Procalcitonin measured by three different assays is an excellent tumor marker for the follow-up of patients with medullary thyroid carcinoma

  • Jürgen Kratzsch EMAIL logo , Anja Willenberg , Karin Frank-Raue , Uwe Kempin , Jörg Rocktäschel and Friedhelm Raue

Abstract

Objectives

Procalcitonin (PCT) has been suggested as a tumor marker in patients with medullary thyroid carcinoma (MTC). Clinical application data in long term follow-up are missing.

Methods

210 serum samples of 169 consecutive patients with MTC (92 sporadic, 77 hereditary, 158 postoperative follow-up, 11 preoperative) were collected between 2018 and 2020. Postoperative patients were stratified into three groups according to their disease status at the end of follow-up: cured (n=51, calcitonin (CT) levels < limit of quantitation), minimal residual disease (n=55, detectable CT and no metastases provable by imaging methods), metastatic disease (n=52). In five patients CT and PCT were measured while on therapy with tyrosine kinase inhibitors (TKI). CT was analyzed by the Roche ECLIA, PCT by three assays from Roche, PES, Abbott.

Results

The mean ± SD values seen with the three PCT assays in the MTC response groups, cured: <0.06, 0.016 ± 0.007, 0.014 ± 0.007 ng/mL, minimal residual disease: 0.511 ± 0.800, 0.389 ± 0.687, 0.341 ± 0.614 ng/mL, metastatic disease 109 ± 202, 60.4 ± 110, 63.3 ± 115 ng/mL correlate well with the CT results in these groups: cured <1.0 pg/mL, minimal residual disease 91.3 ± 121.5 pg/mL, metastatic disease 14,489 ± 30,772 pg/mL. There was a significant correlation (p<0.001) between the three PCT assays (Roche/PES r=0.970, Roche/Abbott r=0.976, Abbott/PES r=0.995). In the course of treatment with TKI both CT and PCT reflected clinical state. Preoperative PCT in hereditary MTC has the same diagnostic validity than CT.

Conclusions

PCT measured with three different immunoassays is as good as the standard tumor marker CT in the follow-up of MTC but has a superior analytical stability.

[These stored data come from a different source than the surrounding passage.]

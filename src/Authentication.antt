-- ===== src/Authentication.antt =====
-- src/authentication.rs: the handshake decisions that the service and the command line share.
pub mod Pinning
pub mod Exchanges
use sysu_netauth.Common.{
  ℕ, ◌%◌, Bool, true, false, not, ◌&&◌, ◌||◌, Option, none, some, List, ◌==◌, if◌then◌else◌, get_or,
  Result, ok, err, is_none, is_some_and,
}
use sysu_netauth.Common.Bytes.{bytes_eq}
use sysu_netauth.Protocol.{Packet, Md5, pae, zero_mac, answer}

pub data Exchange : Type 0 where
  ignore : Exchange
  response : List ℕ → Bool → Exchange
  success : Exchange
  failure : Exchange

unfoldable pub addressed_to : Packet → List ℕ → Bool
addressed_to packet local =
    not (bytes_eq packet.source local)
    && not (bytes_eq packet.source zero_mac)
    && (get_or packet.source 0 0 % 2 == 0)
    && (bytes_eq packet.destination local || bytes_eq packet.destination pae)

-- `peer.is_some_and(|peer| peer != packet.source)`
abbrev pub peer_changed : Option (List ℕ) → Packet → Bool
peer_changed peer packet = is_some_and (λ p. not (bytes_eq p packet.source)) peer

abbrev pub Received : Type 0
Received = Option (List ℕ) × Result Exchange

-- The arm of a request: an error is hidden if the sender is not the pinned one.
unfoldable pub request_arm : Option (List ℕ) → Packet → Bool → Result (Option (List ℕ)) → Received
request_arm peer packet changed (err e) = (peer, if changed then ok ignore else err e)
request_arm peer packet changed (ok none) = (peer, ok ignore)
request_arm peer packet changed (ok (some bytes)) =
    (some packet.source, ok (response bytes changed))

-- `match packet.code`
unfoldable pub code_arm : Option (List ℕ) → Packet → Bool → Result (Option (List ℕ)) → Received
code_arm peer packet changed reply =
    if packet.code == 1
    then request_arm peer packet changed reply
    else if packet.code == 3
    then (peer, ok success)
    else if packet.code == 4
    then (peer, ok failure)
    else (peer, ok ignore)

-- The peer is the state: it comes back with the exchange, also where an error is returned.
unfoldable pub receive : Md5 → Option (List ℕ) → List ℕ → Packet → List ℕ → List ℕ → Bool → Received
receive md5 peer local packet username password online =
    let changed = peer_changed peer packet in
    let destination = if online then pae else packet.source in
    let reply = answer md5 local destination packet username password in
    if not (addressed_to packet local)
    then (peer, ok ignore)
    else if (changed && not (online && packet.code == 1))
        || (is_none peer && not (packet.code == 1))
    then (peer, ok ignore)
    else code_arm peer packet changed reply
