-- ===== src/Protocol/RoundTrip.antt =====
-- src/protocol.rs: what `parse` reads back from the frames that `response` and `control` build.
use sysu_netauth.Common.{
  ℕ, ◌+◌, ◌-◌, ◌*◌, ◌%◌, ◌/◌, ◌≡◌, ◌≤◌, some, List, ◌++◌, length, take, length-append, take-append,
  ok, arith,
}
use sysu_netauth.Common.Bytes.{bytes_eq}
use sysu_netauth.Protocol.{Packet, IsMac, six, frame, parse, response, max_frame}

-- What comes back from a response: a packet with code 2 that holds the given fields.
abbrev pub returned : List ℕ → List ℕ → ℕ → ℕ → List ℕ → Packet
returned source destination id kind payload = record {
  source = source;
  destination = destination;
  code = 2;
  id = id;
  kind = some kind;
  payload = payload;
}

-- The length field of a response is what `parse` cuts the payload by.
cut_payload :
    (payload padding : List ℕ)
    → length payload + 23 ≤ max_frame
    → let n = 5 + length payload in
      take (18 + (n / 256 % 256 * 256 + n % 256) - 23) (payload ++ padding) ≡ payload
cut_payload payload padding h =
    let n = 5 + length payload in
    let size : 18 + (n / 256 % 256 * 256 + n % 256) - 23 ≡ length payload = omega arith in
    rw size (take-append payload padding)

parse-frame :
    (source destination : List ℕ) (id kind : ℕ) (payload padding : List ℕ)
    → IsMac source
    → IsMac destination
    → length payload + 23 ≤ max_frame
    → parse (frame source destination id kind payload ++ padding)
      ≡ some (returned source destination id kind payload)
unfolding parse frame bytes_eq
parse-frame source destination id kind payload padding six six h =
    ground (arith, length-append payload padding, cut_payload payload padding)

response-ok :
    (source destination : List ℕ) (id kind : ℕ) (payload : List ℕ) {bytes : List ℕ}
    → response source destination id kind payload ≡ ok bytes
    → (bytes ≡ frame source destination id kind payload) × (length payload + 23 ≤ max_frame)
unfolding response
response-ok source destination id kind payload h = ground arith

-- A response that is built, between two hardware addresses, parses back to its fields, whatever
-- padding the link appends.
pub parse-response :
    (source destination : List ℕ) (id kind : ℕ) (payload padding : List ℕ) {bytes : List ℕ}
    → IsMac source
    → IsMac destination
    → response source destination id kind payload ≡ ok bytes
    → parse (bytes ++ padding) ≡ some (returned source destination id kind payload)
parse-response source destination id kind payload padding src dst h =
    let (e, fits) = response-ok source destination id kind payload h in
    rw e (parse-frame source destination id kind payload padding src dst fits)
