-- ===== src/Protocol/Answer.antt =====
-- src/protocol.rs: what `answer` sends back, and when it sends nothing.
use sysu_netauth.Common.{
  ℕ, ◌+◌, ◌-◌, ◌≡◌, refl, sym, ap, ◌<◌, inl, inr, Option, none, some, List, [], ◌∷◌, ◌++◌, length,
  take, drop, zero, suc, length-take, ok, arith, ◌==◌, Bool-cases,
}
use sysu_netauth.Common.Bytes.{slice}
use sysu_netauth.Protocol.{
  Packet, IsMac, Md5, parse, response, answer, answer_kind, answer_identity, answer_challenge,
}
use sysu_netauth.Protocol.RoundTrip.{returned, parse-response}

-- An MD5 challenge is a length byte, that many bytes of value, and a rest.
pub record Challenge (payload value : List ℕ) : Type 0 where
  pub size : ℕ
  pub rest : List ℕ
  pub nonempty : 0 < size
  pub layout : payload ≡ size ∷ (value ++ rest)
  pub value_size : length value ≡ size

take-append-drop : (n : ℕ) (xs : List ℕ) → take n xs ++ drop n xs ≡ xs
take-append-drop zero xs = refl
take-append-drop (suc n) [] = refl
take-append-drop (suc n) (x ∷ xs) = ap (◌∷◌ x) (take-append-drop n xs)

take_suc : (n : ℕ) (x : ℕ) (xs : List ℕ) → slice (x ∷ xs) 1 (n + 1) ≡ take n xs
take_suc n x xs = let e : n + 1 - 1 ≡ n = omega arith in rw e

-- The payload that a request is answered with.
pub data Replies (md5 : Md5) (p : Packet) (username password : List ℕ) : ℕ → List ℕ → Type 0 where
  identity : p.kind ≡ some 1 → Replies md5 p username password 1 username
  digest :
      (value : List ℕ)
      → p.kind ≡ some 4
      → Challenge p.payload value
      → Replies md5 p username password 4
          ((16 ∷ []) ++ (md5 ((p.id ∷ []) ++ (password ++ value)) ++ username))

module _ (md5 : Md5) (source destination : List ℕ) (p : Packet) (username password : List ℕ) where
  challenge_ok :
      (payload : List ℕ) {bytes : List ℕ}
      → p.kind ≡ some 4
      → p.payload ≡ payload
      → answer_challenge md5 source destination p.id payload username password ≡ ok (some bytes)
      → (body : List ℕ) × Replies md5 p username password 4 body
        × (response source destination p.id 4 body ≡ ok bytes)
  unfolding answer_challenge response
  challenge_ok [] k e h = absurd (ground arith)
  challenge_ok (len ∷ xs) k e h = (
    _,
    digest (take len xs) k (record {
      size = len;
      rest = drop len xs;
      nonempty = ground arith;
      layout = rw e (ap (◌∷◌ len) (sym (take-append-drop len xs)));
      value_size = ground (arith, length-take len xs);
    }),
    ground arith,
  )

  identity_ok :
      {bytes : List ℕ}
      → answer_identity source destination p username ≡ ok (some bytes)
      → response source destination p.id 1 username ≡ ok bytes
  unfolding answer_identity response
  identity_ok h = ground arith

  kind_ok :
      (kind : Option ℕ) {bytes : List ℕ}
      → p.kind ≡ kind
      → answer_kind md5 source destination kind p username password ≡ ok (some bytes)
      → (k : ℕ) × (body : List ℕ) × Replies md5 p username password k body
        × (response source destination p.id k body ≡ ok bytes)
  unfolding answer_kind
  kind_ok none e h = absurd (ground arith)
  kind_ok (some k) {bytes} e h = elim (Bool-cases (k == 1)) [
    | inl one ↦ (1, username, identity (ground arith), identity_ok {bytes = bytes} (ground arith))
    | inr other ↦ elim (Bool-cases (k == 4)) [
      | inl four ↦
          let (body, r, q) =
            challenge_ok p.payload {bytes = bytes} (ground arith) refl (ground arith) in
          (4, body, r, q)
      | inr neither ↦ absurd (ground arith)
    ]
  ]

  -- Whatever is sent answers a request, and parses back to a response with the request's
  -- identifier that carries the user name, or the digest of a well-formed challenge.
  pub answer-parse :
      (padding : List ℕ) {bytes : List ℕ}
      → IsMac source
      → IsMac destination
      → answer md5 source destination p username password ≡ ok (some bytes)
      → (p.code ≡ 1)
        × (k : ℕ) × (body : List ℕ) × Replies md5 p username password k body
        × (parse (bytes ++ padding) ≡ some (returned source destination p.id k body))
  unfolding answer
  answer-parse padding {bytes} src dst h =
      let (k, body, r, q) = kind_ok p.kind {bytes = bytes} refl (ground arith) in
      (ground arith, k, body, r, parse-response source destination p.id k body padding src dst q)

Corresponding author: Prof. Jüergen Kratzsch, Institute for Laboratory Medicine, Clinical Chemistry and Molecular Diagnostics, University Hospital Leipzig, University of Leipzig, Paul-List-Str. 13/15, 04103 Leipzig, Germany, Phone: +49 1739044771, E-mail:

  1. Research funding: None declared.

  2. Author contributions: All authors have accepted responsibility for the entire content of this manuscript and approved its submission.

  3. Competing interests: Authors state no conflict of interest.

  4. Informed consent: Informed consent was obtained from all individuals included in this study.

  5. Ethical approval: The study was approved by the Ethics Committee of the University of Heidelberg (S-003/2015).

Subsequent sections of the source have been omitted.